Large-scale additions had been made to Hawthorne Elementary in the fifties, accommodating the bulge of children born after their fathers returned en masse from the war. The dismal chunky-block design betrayed its quick, utilitarian construction: it was all cement and stucco, later accompanied by a sea of prefab portable classrooms huddled on the former kickball diamond. But I was lucky enough to be placed in the older wing. Tall dark-wood pillars anchored my classroom, their proximity to adjoining walls creating odd nooks—one I used for
a storage area, another for a small study lab. The interior was paneled in that same dark wood, like a saloon.
On my first day, I was surprised by my confidence; nervousness had always been my default setting, but that morning I couldn't wait to get started. I arrived long before the children did, and sat staring up at the posters I had chosen: Martin Luther King Jr., a lesser known Matisse, Einstein with his tongue out. I realized, too tired to fix it, that they were hung crookedly. I had put them up hastily days earlier, preparing like mad but slowed by the unrelenting heat. Though outside it was a mild September, the room was stuck at eighty degrees, and the oscillating fan I had brought barely moved the air. But the lessons were planned, the books were on the shelves, and I marveled: whatever happened in there would happen because of me.

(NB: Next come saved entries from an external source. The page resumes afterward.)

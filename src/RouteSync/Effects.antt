-- ===== src/RouteSync/Effects.antt =====
-- What sending an update does to the rest of the program: only what building, encrypting and
-- sending do, so that any relation of states that these three keep is kept.
use intranet_penetration_clo.Common.{ℕ, Bool, true, false, not, ◌&&◌, ◌||◌, Bool-cases, inl, inr}
use intranet_penetration_clo.Common.Result.{Result, ok, err}
use intranet_penetration_clo.Common.Dict.{lookup}
use intranet_penetration_clo.Common.Key.{pair_key, text_key, nat_key}
use intranet_penetration_clo.Packet.{Bytes, PacketError, create_packet, server_peer_id}
use intranet_penetration_clo.Packet.PacketType
use intranet_penetration_clo.RouteSync.{
  RpcHost, SyncStates, RouteSyncState, state_or_new, send_encrypted, send_clear, send_control,
  after_send, after_build, flush_route_update, send_route_update,
}

-- A reflexive and transitive relation that the three operations keep.
pub record IsKept (host : RpcHost) (R : host.World → host.World → Type 0) : Type 0 where
  pub stays : (w : host.World) → R w w
  pub follows : (u v w : host.World) → R u v → R v w → R u w
  pub building :
      (peer : ℕ) (full : Bool) (now : ℕ) (w : host.World)
      → R w (host.core_build_route_update peer full now w).1
  pub encrypting : (peer : ℕ) (packet : Bytes) (w : host.World) → R w (host.encrypt peer packet w).1
  pub sending : (peer : ℕ) (packet : Bytes) (w : host.World) → R w (host.send peer packet w).1

module _ (host : RpcHost) (R : host.World → host.World → Type 0) (k : IsKept host R) where
  open host use {World, Fault}

  send_encrypted-kept :
      (peer : ℕ) (v : World) (r : Result Fault Bytes × World)
      → R v r.1
      → R v (send_encrypted host peer r).1
  unfolding send_encrypted
  send_encrypted-kept peer v (ok packet, w) h = k.follows v w _ h (k.sending peer packet w)
  send_encrypted-kept peer v (err e, w) h = h

  send_clear-kept :
      (peer : ℕ) (r : Result PacketError Bytes) (w : World) → R w (send_clear host peer r w).1
  unfolding send_clear
  send_clear-kept peer (ok clear) w =
      send_encrypted-kept peer w (host.encrypt peer clear w) (k.encrypting peer clear w)
  send_clear-kept peer (err e) w = k.stays w

  send_control-kept :
      (peer packet_type : ℕ) (payload : Bytes) (w : World)
      → R w (send_control host peer packet_type payload w).1
  unfolding send_control
  send_control-kept peer packet_type payload w =
      send_clear-kept peer (create_packet server_peer_id (host.key w peer).1 packet_type payload) w

  after_send-kept :
      (st : RouteSyncState) (full : Bool) (v : World) (r : Result Fault (Unit {0}) × World)
      → R v r.1
      → R v (after_send host st full r).2
  unfolding after_send
  after_send-kept st full v (ok _, w) h = h
  after_send-kept st full v (err e, w) h = h

  after_build-kept :
      (st : RouteSyncState) (full : Bool) (now : ℕ) (v : World) (r : Result Fault Bytes × World)
      → R v r.1
      → R v (after_build host st full now r).2
  unfolding after_build
  after_build-kept st full now v (ok packet, w) h =
      after_send-kept _ full v (send_control host st.peer PacketType.rpc_req packet w)
        (k.follows v w _ h (send_control-kept st.peer PacketType.rpc_req packet w))
  after_build-kept st full now v (err e, w) h = h

  flush_route_update-kept :
      (st : RouteSyncState) (now : ℕ) (w : World) → R w (flush_route_update host st now w).2
  unfolding flush_route_update
  flush_route_update-kept st now w =
      elim (Bool-cases (st.in_flight || (not st.dirty && not st.force_full))) [
        | inl idle ↦ rw idle (k.stays w)
        | inr goes ↦ rw goes (
            after_build-kept (record st { dirty = false; force_full = false }) st.force_full now w
              (host.core_build_route_update st.peer st.force_full now w)
              (k.building st.peer st.force_full now w))
      ]

  pub send_route_update-kept :
      (peer : ℕ) (full : Bool) (now : ℕ) (states : SyncStates) (w : World)
      → R w (send_route_update host peer full now states w).2
  unfolding send_route_update
  send_route_update-kept peer full now states w =
      flush_route_update-kept
        (let st = state_or_new peer (lookup (host.key w peer) states) in
          record st { peer = peer; dirty = true; force_full = st.force_full || full })
        now w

My students sat in small blue chairs at tables rather than individual desks, each of the six tables named for a state. I was the president, and they voted on things like where to go for field trips, whether we should play dodgeball or softball in afternoon gym, chalkboards versus whiteboards. The thrill they experienced when given a choice was immense. Their wonder, too, came easily, and was wholly uncomplicated. They cried when I read them
Charlotte's Web
, viewed repro impressionist paintings with pious reverence. When we made buffalo stew for the unit on California's Native Americans, they leaned over the pot like we were cooking up magic. Those first months, I swelled with something unfamiliar: a secure knowledge of the good I was doing.